Saturday, July 29, 2006
Don't take it personally
Nothing like a steam bath when you're fully clothed and there's nowhere you can take off your clothes without the police getting involved. So much for public places, especially the back patio at Poor Richard's.
I got a surprise when I arrived for lunch. Nancy Jo and Cathryn were there. I hadn't seen them since the Gay Pride Parade and I'm glad the boys surprised me today with the extra company. I had planned to have a quick lunch with the boys and spend the rest of the day in the air conditioned comfort of Rico's Internet cafe sipping a fresh fruit smoothie (called a Liquado at Rico's) and letting my fingers do the racing over the keys and get more of the new novel done, and maybe even finish the editing on last year's novel. Best laid plans and all that stuff.
Over great salads and sandwiches, we plunged into the conversational abyss. We talked about philosophy and religion. I'd always heard that was like setting off an atomic bomb in a tropical paradise.
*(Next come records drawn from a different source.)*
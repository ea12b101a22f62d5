-- ===== src/Dialogs/History/Reports/Filing.antt =====
-- Filing a report: once for an answer, with the text of the answer and of the request before it.
use mathlib.Core.List.{reverse, reverse-append, append_assoc}
use bmstu_nirs.Common.{
  nat_key, ==_refl, All, Dict, List, Option, String, [], ap, arith, false, find, insert, lookup,
  lookup-insert_self, none, refl, some, true, values, ℕ, ◌++◌, ◌∙◌, ◌∷◌, ◌≡◌, ◌≢◌,
}
use bmstu_nirs.Dialogs.Models.{
  ReportReason, ReportState, StoredMessage, Time, Uuid, err, is_user, ok, report_exists, sent,
}
use bmstu_nirs.Dialogs.History.{History, StoredReport, answer, is_about, report_state}
use bmstu_nirs.Dialogs.History.Reports.{before, content_of, new_report, report, request_before}
use bmstu_nirs.Dialogs.History.Reports.Later.{
  IsReported, IsReported-refuses, Later, Later-IsReported,
}

find-insert :
    (m k : ℕ) (r : StoredReport) (reports : Dict ℕ StoredReport)
    → find (is_about m) (values reports) ≡ none
    → is_about m r ≡ true
    → find (is_about m) (values (insert k r reports)) ≡ some r
find-insert m k r [] absent about = ground arith
find-insert m k r (e ∷ reports) absent about = ground (arith, find-insert m k r reports)

report-IsReported :
    (owner_id dialog_id : Uuid) (m n : ℕ) (reason : ReportReason) (comment : Option String)
    (t : Time) (h : History)
    → (report owner_id dialog_id m reason comment t h).0 ≡ ok n
    → IsReported owner_id dialog_id m n (report owner_id dialog_id m reason comment t h).1
unfolding report answer
report-IsReported owner_id dialog_id m n reason comment t h accepted =
    let r = new_report owner_id dialog_id m reason comment t h in
    record {
      answered = ground arith;
      filed = (r, ground (arith, lookup-insert_self h.report_ids r h.reports), refl);
      numbered = ground arith;
    }

-- A report that is accepted is stored under the id returned, as new, and the answer shows as sent.
-- After it and any operations, reviews of reports among them, of which none removes a dialog with
-- the message, the answer shows as reported and every further report of it by the owner, with any
-- reason and comment, is refused and changes nothing.
pub report_twice :
    (owner_id dialog_id : Uuid) (m n : ℕ) (reason reason' : ReportReason)
    (comment comment' : Option String) (now now' : Time) (h k : History)
    → (report owner_id dialog_id m reason comment now h).0 ≡ ok n
    → Later m (report owner_id dialog_id m reason comment now h).1 k
    → let h' = (report owner_id dialog_id m reason comment now h).1 in
      (lookup n h'.reports ≡ some (new_report owner_id dialog_id m reason comment now h))
      × (report_state m h' ≡ some sent)
      × ((st : ReportState) × (report_state m k ≡ some st))
      × (report owner_id dialog_id m reason' comment' now' k ≡ (err (report_exists dialog_id m), k))
unfolding report
report_twice owner_id dialog_id m n reason reason' comment comment' now now' h k accepted later =
    let r = new_report owner_id dialog_id m reason comment now h in
    let stored = lookup-insert_self h.report_ids r h.reports in
    let found = find-insert m h.report_ids r h.reports in
    let v =
      Later-IsReported owner_id dialog_id m n later
        (report-IsReported owner_id dialog_id m n reason comment now h accepted) in
    let (shows, refused) = IsReported-refuses owner_id dialog_id m n reason' comment' now' k v in
    (ground (arith, stored), ground (arith, ==_refl m, found), shows, refused)

-- No message of the list has the id; or none is of the user.
abbrev pub Lacks : ℕ → List StoredMessage → Type 0
Lacks m = All (λ x. x.id ≢ m)

abbrev pub HasNoRequest : List StoredMessage → Type 0
HasNoRequest = All (λ x. is_user x.role ≡ false)

before-append :
    (m : ℕ) (xs : List StoredMessage) (a : StoredMessage) (post : List StoredMessage)
    → Lacks m xs
    → a.id ≡ m
    → before m (xs ++ (a ∷ post)) ≡ xs
unfolding before
before-append m [] a post lacks same = ground arith
before-append m (x ∷ xs) a post lacks same =
    ground (arith, lacks.0, before-append m xs a post lacks.1 same)

find-reverse :
    (xs ys : List StoredMessage)
    → HasNoRequest xs
    → find (λ x. is_user x.role) (reverse xs ++ ys) ≡ find (λ x. is_user x.role) ys
find-reverse [] ys none_of = refl
find-reverse (x ∷ xs) ys none_of =
    ap (find (λ x. is_user x.role))
      (ap (λ zs. zs ++ ys) (reverse-append (x ∷ []) xs) ∙ append_assoc (reverse xs) (x ∷ []) ys)
    ∙ find-reverse xs (x ∷ ys) none_of.1
    ∙ ground arith

find-reverse_request :
    (pre mid : List StoredMessage) (r : StoredMessage)
    → is_user r.role ≡ true
    → HasNoRequest mid
    → find (λ x. is_user x.role) (reverse (pre ++ (r ∷ mid))) ≡ some r
find-reverse_request pre mid r by_user none_of =
    ap (find (λ x. is_user x.role)) (
      reverse-append pre (r ∷ mid)
      ∙ ap (λ zs. zs ++ reverse pre) (reverse-append (r ∷ []) mid)
      ∙ append_assoc (reverse mid) (r ∷ []) (reverse pre))
    ∙ find-reverse mid (r ∷ reverse pre) none_of
    ∙ ground arith

-- The request that a report keeps is the last message of the user before the answer.
pub request_before_lem :
    (m : ℕ) (pre mid post : List StoredMessage) (request reported : StoredMessage)
    → Lacks m (pre ++ (request ∷ mid))
    → reported.id ≡ m
    → is_user request.role ≡ true
    → HasNoRequest mid
    → request_before m ((pre ++ (request ∷ mid)) ++ (reported ∷ post)) ≡ some request.content
unfolding request_before
request_before_lem m pre mid post request reported lacks same by_user none_of =
    ap (λ zs. content_of (find (λ x. is_user x.role) (reverse zs)))
      (before-append m (pre ++ (request ∷ mid)) reported post lacks same)
    ∙ ap content_of (find-reverse_request pre mid request by_user none_of)
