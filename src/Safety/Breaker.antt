-- ===== src/Safety/Breaker.antt =====
-- The circuit breaker: _trip_circuit_breaker, circuit_breaker_status, assert_circuit_breaker_clear,
-- resume_circuit_breaker and _verify_circuit_breaker_evidence. Each runs in one write transaction: a
-- raise leaves the tables as they were, so a result holds the tables only when there was none.
use autocontribute.Base.{
  ℕ, ◌+◌, String, Option, none, some, Bool, true, false, not, ◌&&◌, ◌||◌, List, [], ◌∷◌, ◌++◌,
  length, str_eq, leb, ltb, ◌==◌, is_none, if◌then◌else◌,
}
use autocontribute.Errors.{state_error, integrity_error, Result, ok, err, ◌>>=◌, ◌>>◌, raise_if}
use autocontribute.Lease.Cell.{is_generation, max_generation}
use autocontribute.Safety.State.{Trigger, Kind, tripped, resumed, BreakerEvent, Safety, Library}

abbrev pub max_active_triggers : ℕ
max_active_triggers = 10_000

abbrev pub same_kind : Kind → Kind → Bool
same_kind tripped tripped = true
same_kind resumed resumed = true
same_kind _ _ = false

-- the row that UNIQUE(event_type, trigger_hash) allows once
abbrev pub find_event : Kind → String → List BreakerEvent → Option BreakerEvent
find_event kind hash [] = none
find_event kind hash (e ∷ es) =
    if same_kind e.kind kind && str_eq e.evidence.trigger_hash hash
    then some e
    else find_event kind hash es

-- the trip events of an epoch, in the order of their ids
abbrev pub triggers_of : ℕ → List BreakerEvent → List Trigger
triggers_of epoch [] = []
triggers_of epoch (e ∷ es) =
    let rest = triggers_of epoch es in
    if e.epoch == epoch && same_kind e.kind tripped then e.evidence ∷ rest else rest

-- RunStore._active_circuit_breaker_triggers
unfoldable pub active_triggers : ℕ → List BreakerEvent → Result (List Trigger)
active_triggers epoch events =
    let active = triggers_of epoch events in
    if ltb max_active_triggers (length active) then err state_error else ok active

-- RunStore._circuit_breaker_revision
unfoldable pub revision_of : Library → List Trigger → Result String
revision_of lib [] = err state_error
revision_of lib (t ∷ ts) = ok (lib.json_sha256 (t ∷ ts))

abbrev pub trip_event : ℕ → ℕ → Trigger → BreakerEvent
trip_event epoch now t = record { epoch = epoch; occurred_at = now; kind = tripped; evidence = t }

-- RunStore._trip_circuit_breaker
unfoldable pub trip : ℕ → Trigger → Safety → Result (Bool × Safety)
trip now t s =
    if not (is_generation s.breaker.epoch)
    then err state_error
    else elim (find_event tripped t.trigger_hash s.events) [
      | none ↦ ok (
        true,
        record s {
          events = s.events ++ trip_event s.breaker.epoch now t ∷ [];
          breaker = record (s.breaker) { is_tripped = true; changed_at = now; evidence = some t };
        },
      )
      | some e ↦
          if str_eq e.evidence.source t.source && str_eq e.evidence.reason t.reason
          then ok (false, s)
          else err state_error
    ]

-- CircuitBreakerStatus
pub record Status : Type 0 where
  pub is_tripped : Bool
  pub epoch : ℕ
  pub changed_at : ℕ
  pub evidence : Option Trigger
  pub active_revision : Option String
  pub active_triggers : List Trigger

abbrev pub is_empty : List Trigger → Bool
is_empty [] = true
is_empty (_ ∷ _) = false

abbrev pub same_bool : Bool → Bool → Bool
same_bool true b = b
same_bool false b = not b

abbrev pub optional_revision : Library → List Trigger → Option String
optional_revision lib [] = none
optional_revision lib (t ∷ ts) = some (lib.json_sha256 (t ∷ ts))

-- RunStore.circuit_breaker_status
unfoldable pub circuit_breaker_status : Library → Safety → Result Status
unfolding active_triggers
circuit_breaker_status lib s = do
  raise_if (not (is_generation s.breaker.epoch)) state_error
  let row = s.breaker
  active_triggers row.epoch s.events >>= λ active.
      (if not (same_bool row.is_tripped (not (is_none row.evidence)))
          || not (same_bool row.is_tripped (not (is_empty active)))
        then err state_error
        else ok (record {
          is_tripped = row.is_tripped;
          epoch = row.epoch;
          changed_at = row.changed_at;
          evidence = row.evidence;
          active_revision = optional_revision lib active;
          active_triggers = active;
        }))

-- RunStore.assert_circuit_breaker_clear
unfoldable pub assert_circuit_breaker_clear : Library → Safety → Result (Unit {0})
unfolding circuit_breaker_status
assert_circuit_breaker_clear lib s =
    circuit_breaker_status lib s >>= λ status. raise_if status.is_tripped state_error

-- The state after a resumption of its row's epoch
abbrev pub cleared : ℕ → String → String → String → Safety → Safety
cleared now actor reason revision s = record s {
  events =
      s.events
      ++ record {
        epoch = s.breaker.epoch;
        occurred_at = now;
        kind = resumed;
        evidence = record { source = actor; reason = reason; trigger_hash = revision };
      }
        ∷ [];
  breaker = record {
    is_tripped = false;
    epoch = s.breaker.epoch + 1;
    changed_at = now;
    evidence = none;
  };
}

-- RunStore.resume_circuit_breaker; without evidence in the row the UPDATE would match nothing
unfoldable pub resume : Library → ℕ → String → String → String → Safety → Result (Bool × Safety)
unfolding active_triggers revision_of
resume lib now actor reason expected s = if not s.breaker.is_tripped then ok (false, s) else (do
  raise_if (not (is_generation s.breaker.epoch)) state_error
  active_triggers s.breaker.epoch s.events >>= λ active.
      (revision_of lib active >>= λ revision. (do
        raise_if (not (str_eq revision expected)) state_error
        raise_if (leb max_generation s.breaker.epoch) state_error
        raise_if (not (is_none (find_event resumed expected s.events))) integrity_error
        raise_if (is_none s.breaker.evidence) state_error
        ok (true, cleared now actor reason expected s))))

-- the last of a list
abbrev pub last : List Trigger → Option Trigger
last [] = none
last (t ∷ ts) = elim (last ts) [ none ↦ some t | some u ↦ some u ]

abbrev pub same_trigger : Option Trigger → Option Trigger → Bool
same_trigger (some t) (some u) =
    str_eq t.source u.source && (str_eq t.reason u.reason && str_eq t.trigger_hash u.trigger_hash)
same_trigger _ _ = false

-- _verify_circuit_breaker_evidence
unfoldable pub verify_evidence : Safety → Result (Unit {0})
unfolding active_triggers
verify_evidence s = do
  raise_if (not (is_generation s.breaker.epoch)) state_error
  active_triggers s.breaker.epoch s.events >>= λ active.
      (if not (same_bool s.breaker.is_tripped (not (is_empty active)))
        then err state_error
        else (if not (is_empty active) && not (same_trigger (last active) s.breaker.evidence)
            then err state_error
            else ok tt))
Everyone will hate you for blocking out the sun and moving the white sand beaches into a smoking hole in the middle of a devastated coral atoll, killing all the fish and food for miles around. Good move, Fix. Not good. Cathryn took the conversation personally when we moved into a comparison of different religions outside of Christianity. Nancy Jo, also Christian, was more tolerant. Cathryn wasn't. She got very upset and went inside for a while. When she came back out, she was still so incensed she said she was leaving and asked Nancy Jo to choose where she wanted to be -- on the back patio with us or going with her. Nancy Jo, ever the diplomat, suddenly remembered she was late for a celebration.
Religion in the midst of a friendly conversation? Not a good idea without a flak jacket and a bomb shelter in the middle of an iron mountain.
The boys and I finally moved inside to Rico's, dripping with sweat and hot (not in a good way). We sipped. We talked. We laughed a lot. I didn't get much writing done -- at first. Bear looked at the novel I'm editing and suggested more drag queens and a lot more melodrama, but I nixed that idea. He did say that anything that kept his attention for five whole pages and made him wait for a cigarette was good. He's not a big reader.
After a while, they left for home and I stayed and wrote for another hour or so. I got a lot done, fleshed out a few more scenes, did a little pruning and even wrote some new scenes in between clarifying old ones. I won't end up on the Harlequin shelves, but then I never expected to be there. I'll end up somewhere between romance and mainstream with a hint if the literary and I might even make it past the mid list. Besides, I have a deadline to meet.
More writing tomorrow and a trip in the country with Nel and Michael should round out an otherwise fun and interesting weekend. No talk of religion, although it won't matter tomorrow. We're all pagans.